━━ AVAILABLE DATA ━━

-- ===== src/Mutation/Writes.antt =====
-- What the writes of one applied mutation do to each table.
use synch.Common.{
  ℕ, ◌+◌, ◌≡◌, refl, subst, String, ◌==◌, eq_iff, false, not, ◌&&◌, Option, none, some, List, arith,
  ok, if◌then◌else◌, inl, inr, Bool-cases, Option-cases, any, find?,
}
use synch.Domain.BlobPolicy.{BlobLifecycleState, staged, live, pending_delete, same_state}
use synch.Domain.EntryPolicy.{ApplyPlan, same_blob}
use synch.Storage.Table.{update_where, upsert_where}
use synch.Storage.Rows.{Database, EntryRow, BlobRow}
use synch.Storage.Entries.{has_entry_id, upsert_entry}
use synch.Storage.Versions.{insert_entry_version}
use synch.Storage.References.{has_current_reference, entry_refers}
use synch.Storage.Blobs.{has_blob_id, with_state, update_state, read_blob}
use synch.Storage.Invariant.Backing.{
  AllBacked, IsBacked, IsBacked-of_live, AllBacked-update_live, AllBacked-update_unreferenced,
  unreferenced_of_state, state_in, state_in-find?, state_in-update,
}
use synch.Storage.Invariant.Accounting.{total_size, total_size-update_where}
use synch.Mutation.{
  CommitContext, CommitMutationPayload, truthy, blob_of, next_entry, capture_before, capture_auto,
  mark_live, retire_replaced, apply_writes, check_next_blob,
}

-- The tables that the history does not touch are the same.
abbrev pub SameCore : Database → Database → Type 0
SameCore a b = (a.entries ≡ b.entries) × (a.blobs ≡ b.blobs) × (a.state ≡ b.state)

pub capture_before-SameCore :
    (ctx : CommitContext) (k : String) (current : Option EntryRow) (plan : ApplyPlan) (n : ℕ)
    (db : Database)
    → SameCore (capture_before ctx k current plan n db).0 db
unfolding capture_before insert_entry_version
capture_before-SameCore ctx k none plan n db = (refl, refl, refl)
capture_before-SameCore ctx k (some e) plan n db = ground arith

pub capture_auto-SameCore :
    (ctx : CommitContext) (m : CommitMutationPayload) (plan : ApplyPlan) (n : ℕ) (db : Database)
    → SameCore (capture_auto ctx m plan n db).0 db
unfolding capture_auto insert_entry_version
capture_auto-SameCore ctx m plan n db = ground arith

abbrev pub live_blobs : Option String → List BlobRow → List BlobRow
live_blobs next blobs = elim (truthy next) [
  | none ↦ blobs
  | some b ↦ update_where (has_blob_id b) (with_state live none) blobs
]

abbrev pub retired_blobs :
    ℕ → Option String → Option String → List EntryRow → List BlobRow → List BlobRow
retired_blobs now current next es blobs = elim (truthy current) [
  | none ↦ blobs
  | some b ↦
      if not (same_blob (some b) next) && not (any (entry_refers b) es)
      then update_where (has_blob_id b) (with_state pending_delete (some now)) blobs
      else blobs
]

pub mark_live_parts :
    (next : Option String) (db : Database)
    → ((mark_live next db).entries ≡ db.entries)
      × ((mark_live next db).blobs ≡ live_blobs next db.blobs)
      × ((mark_live next db).state ≡ db.state)
unfolding mark_live update_state
mark_live_parts next db = ground arith

pub retire_replaced_parts :
    (now : ℕ) (current next : Option String) (db : Database)
    → ((retire_replaced now current next db).entries ≡ db.entries)
      × ((retire_replaced now current next db).blobs
          ≡ retired_blobs now current next db.entries db.blobs)
      × ((retire_replaced now current next db).state ≡ db.state)
unfolding retire_replaced update_state has_current_reference
retire_replaced_parts now current next db = ground arith

abbrev pub entries_after : EntryRow → List EntryRow → List EntryRow
entries_after new es = upsert_where (has_entry_id new.entry_id) new (λ _. new) es

module _ (ctx : CommitContext) (m : CommitMutationPayload) (id : String) (current : Option EntryRow)
    (plan : ApplyPlan) (cursor n : ℕ) (db : Database) where
  -- The tables after an applied mutation, each by itself.
  pub apply_writes_parts :
      let new = next_entry ctx m id plan cursor in
      let after = (apply_writes ctx m id current plan cursor n db).0 in
      (after.entries ≡ entries_after new db.entries)
      × (after.blobs
          ≡ retired_blobs ctx.now
              (blob_of current)
              plan.next_blob_id
              (entries_after new db.entries)
              (live_blobs plan.next_blob_id db.blobs))
      × (after.state ≡ db.state)
  unfolding apply_writes upsert_entry
  apply_writes_parts =
      let before = capture_before ctx m.entry_id current plan n db in
      let db₂ = upsert_entry (next_entry ctx m id plan cursor) before.0 in
      let db₃ = (capture_auto ctx m plan before.1 db₂).0 in
      let db₄ = mark_live plan.next_blob_id db₃ in
      let c = capture_before-SameCore ctx m.entry_id current plan n db in
      let a = capture_auto-SameCore ctx m plan before.1 db₂ in
      let l = mark_live_parts plan.next_blob_id db₃ in
      let r = retire_replaced_parts ctx.now (blob_of current) plan.next_blob_id db₄ in
      (rw (r.0, l.0, a.0, c.0), rw (r.1, l.0, l.1, a.0, a.1, c.0, c.1), rw (r.2, l.2, a.2, c.2))

-- A blob that a payload names is not the empty text, as the protocol's schema demands.
abbrev pub IsNamed : Option String → Type 0
IsNamed none = Unit {0}
IsNamed (some b) = (b == "") ≡ false

-- The blob named, if any, is recorded.
abbrev pub IsRecorded : List BlobRow → Option String → Type 0
IsRecorded blobs none = Unit {0}
IsRecorded blobs (some b) = (s : BlobLifecycleState) × (state_in b blobs ≡ some s)

pub live_blobs-AllBacked :
    (next : Option String) (blobs : List BlobRow) (es : List EntryRow)
    → AllBacked blobs es
    → AllBacked (live_blobs next blobs) es
live_blobs-AllBacked next blobs es h = elim (Option-cases (truthy next)) [
  | inl e ↦ rw (e, live_blobs) h
  | inr (b, e) ↦ rw (e, live_blobs) (AllBacked-update_live b none blobs es h)
]

pub live_blobs-IsBacked :
    (next : Option String) (blobs : List BlobRow)
    → IsNamed next
    → IsRecorded blobs next
    → IsBacked (live_blobs next blobs) next
live_blobs-IsBacked none blobs v r = tt
live_blobs-IsBacked (some b) blobs v r = rw (v, live_blobs) (IsBacked-of_live b none blobs r.0 r.1)

pub retired_blobs-AllBacked :
    (now : ℕ) (current next : Option String) (es : List EntryRow) (blobs : List BlobRow)
    → AllBacked blobs es
    → AllBacked (retired_blobs now current next es blobs) es
retired_blobs-AllBacked now current next es blobs h = elim (Option-cases (truthy current)) [
  | inl e ↦ rw (e, retired_blobs) h
  | inr (b, e) ↦
      rw (e, retired_blobs)
        (elim (Bool-cases (not (same_blob (some b) next) && not (any (entry_refers b) es))) [
          | inl t ↦
              rw t (
                AllBacked-update_unreferenced b (some now) blobs pending_delete es (ground arith) h)
          | inr f ↦ rw f h
        ])
]

pub total_size-update_state :
    (b : String) (s : BlobLifecycleState) (d : Option ℕ) (blobs : List BlobRow)
    → total_size (update_where (has_blob_id b) (with_state s d) blobs) ≡ total_size blobs
total_size-update_state b s d blobs = total_size-update_where _ _ blobs (λ r. refl)

pub total_size-live_blobs :
    (next : Option String) (blobs : List BlobRow)
    → total_size (live_blobs next blobs) ≡ total_size blobs
total_size-live_blobs next blobs = elim (Option-cases (truthy next)) [
  | inl e ↦ rw (e, live_blobs)
  | inr (b, e) ↦ rw (e, live_blobs) (total_size-update_state b live none blobs)
]

pub total_size-retired_blobs :
    (now : ℕ) (current next : Option String) (es : List EntryRow) (blobs : List BlobRow)
    → total_size (retired_blobs now current next es blobs) ≡ total_size blobs
total_size-retired_blobs now current next es blobs = elim (Option-cases (truthy current)) [
  | inl e ↦ rw (e, retired_blobs)
  | inr (b, e) ↦
      rw (e, retired_blobs)
        (elim (Bool-cases (not (same_blob (some b) next) && not (any (entry_refers b) es))) [
          | inl t ↦ rw t (total_size-update_state b pending_delete (some now) blobs)
          | inr f ↦ rw f
        ])
]

-- What is known when the check of the next blob lets the mutation go on.
pub record Checked (next : Option String) (before after : Database) : Type 0 where
  pub same_entries : after.entries ≡ before.entries
  pub same_versions : after.versions ≡ before.versions
  pub same_state : after.state ≡ before.state
  pub same_total : total_size after.blobs ≡ total_size before.blobs
  pub backed : AllBacked before.blobs before.entries → AllBacked after.blobs before.entries
  pub recorded : IsRecorded after.blobs (truthy next)

read_blob-find :
    (b : String) (db : Database) {r : BlobRow}
    → read_blob b db ≡ some r
    → find? (has_blob_id b) db.blobs ≡ some r
unfolding read_blob
read_blob-find b db h = h

restage-Checked :
    (next : Option String) (b : String) (r : BlobRow) (d : Option ℕ) (db : Database)
    → truthy next ≡ some b
    → read_blob b db ≡ some r
    → r.state ≡ pending_delete
    → Checked next db (update_state b staged d db)
unfolding update_state read_blob
restage-Checked next b r d db n f p = record {
  same_entries = refl;
  same_versions = refl;
  same_state = refl;
  same_total = total_size-update_state b staged d db.blobs;
  backed = λ h.
      AllBacked-update_unreferenced b d db.blobs staged db.entries
        (unreferenced_of_state b db.blobs r.state db.entries (state_in-find? b db.blobs f)
          (λ q. ground arith) h)
        h;
  recorded = rw n (
    staged,
    ground (
      arith,
      state_in-update b b staged d db.blobs,
      state_in-find? b db.blobs {r = r} f,
      eq_iff b b,
    ),
  );
}

unchanged-Checked :
    (next : Option String) (db : Database) → IsRecorded db.blobs (truthy next) → Checked next db db
unchanged-Checked next db r = record {
  same_entries = refl;
  same_versions = refl;
  same_state = refl;
  same_total = refl;
  backed = λ h. h;
  recorded = r;
}

pub check_next_blob-Checked :
    (ctx : CommitContext) (next : Option String) (db after : Database)
    → check_next_blob ctx next db ≡ ok after
    → Checked next db after
unfolding check_next_blob
check_next_blob-Checked ctx next db after h = elim (Option-cases (truthy next)) [
  | inl e ↦
      let same : db ≡ after = ground arith in
      subst (Checked next db) same (unchanged-Checked next db (rw e tt))
  | inr (b, e) ↦ elim (Option-cases (read_blob b db)) [
    | inl f ↦ absurd (ground arith)
    | inr (r, f) ↦
        let found : state_in b db.blobs ≡ some r.state =
          state_in-find? b db.blobs (read_blob-find b db f) in
        elim (Bool-cases (same_state r.state pending_delete)) [
          | inl p ↦
              let same : update_state b staged (some (ctx.now + ctx.blob_grace_period_ms)) db
                  ≡ after =
                ground arith in
              subst (Checked next db) same (restage-Checked next b r _ db e f (ground arith))
          | inr p ↦
              let same : db ≡ after = ground arith in
              subst (Checked next db) same (unchanged-Checked next db (rw e (r.state, found)))
        ]
  ]
]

━━━

REQUIRED WORK =>
Return only those lines that run from the one containing "elim (Bool-cases (same_state" through the end of the entries, keeping each exactly as written.

ANSWER =>
        elim (Bool-cases (same_state r.state pending_delete)) [
          | inl p ↦
              let same : update_state b staged (some (ctx.now + ctx.blob_grace_period_ms)) db
                  ≡ after =
                ground arith in
              subst (Checked next db) same (restage-Checked next b r _ db e f (ground arith))
          | inr p ↦
              let same : db ≡ after = ground arith in
              subst (Checked next db) same (unchanged-Checked next db (rw e (r.state, found)))
        ]
  ]
]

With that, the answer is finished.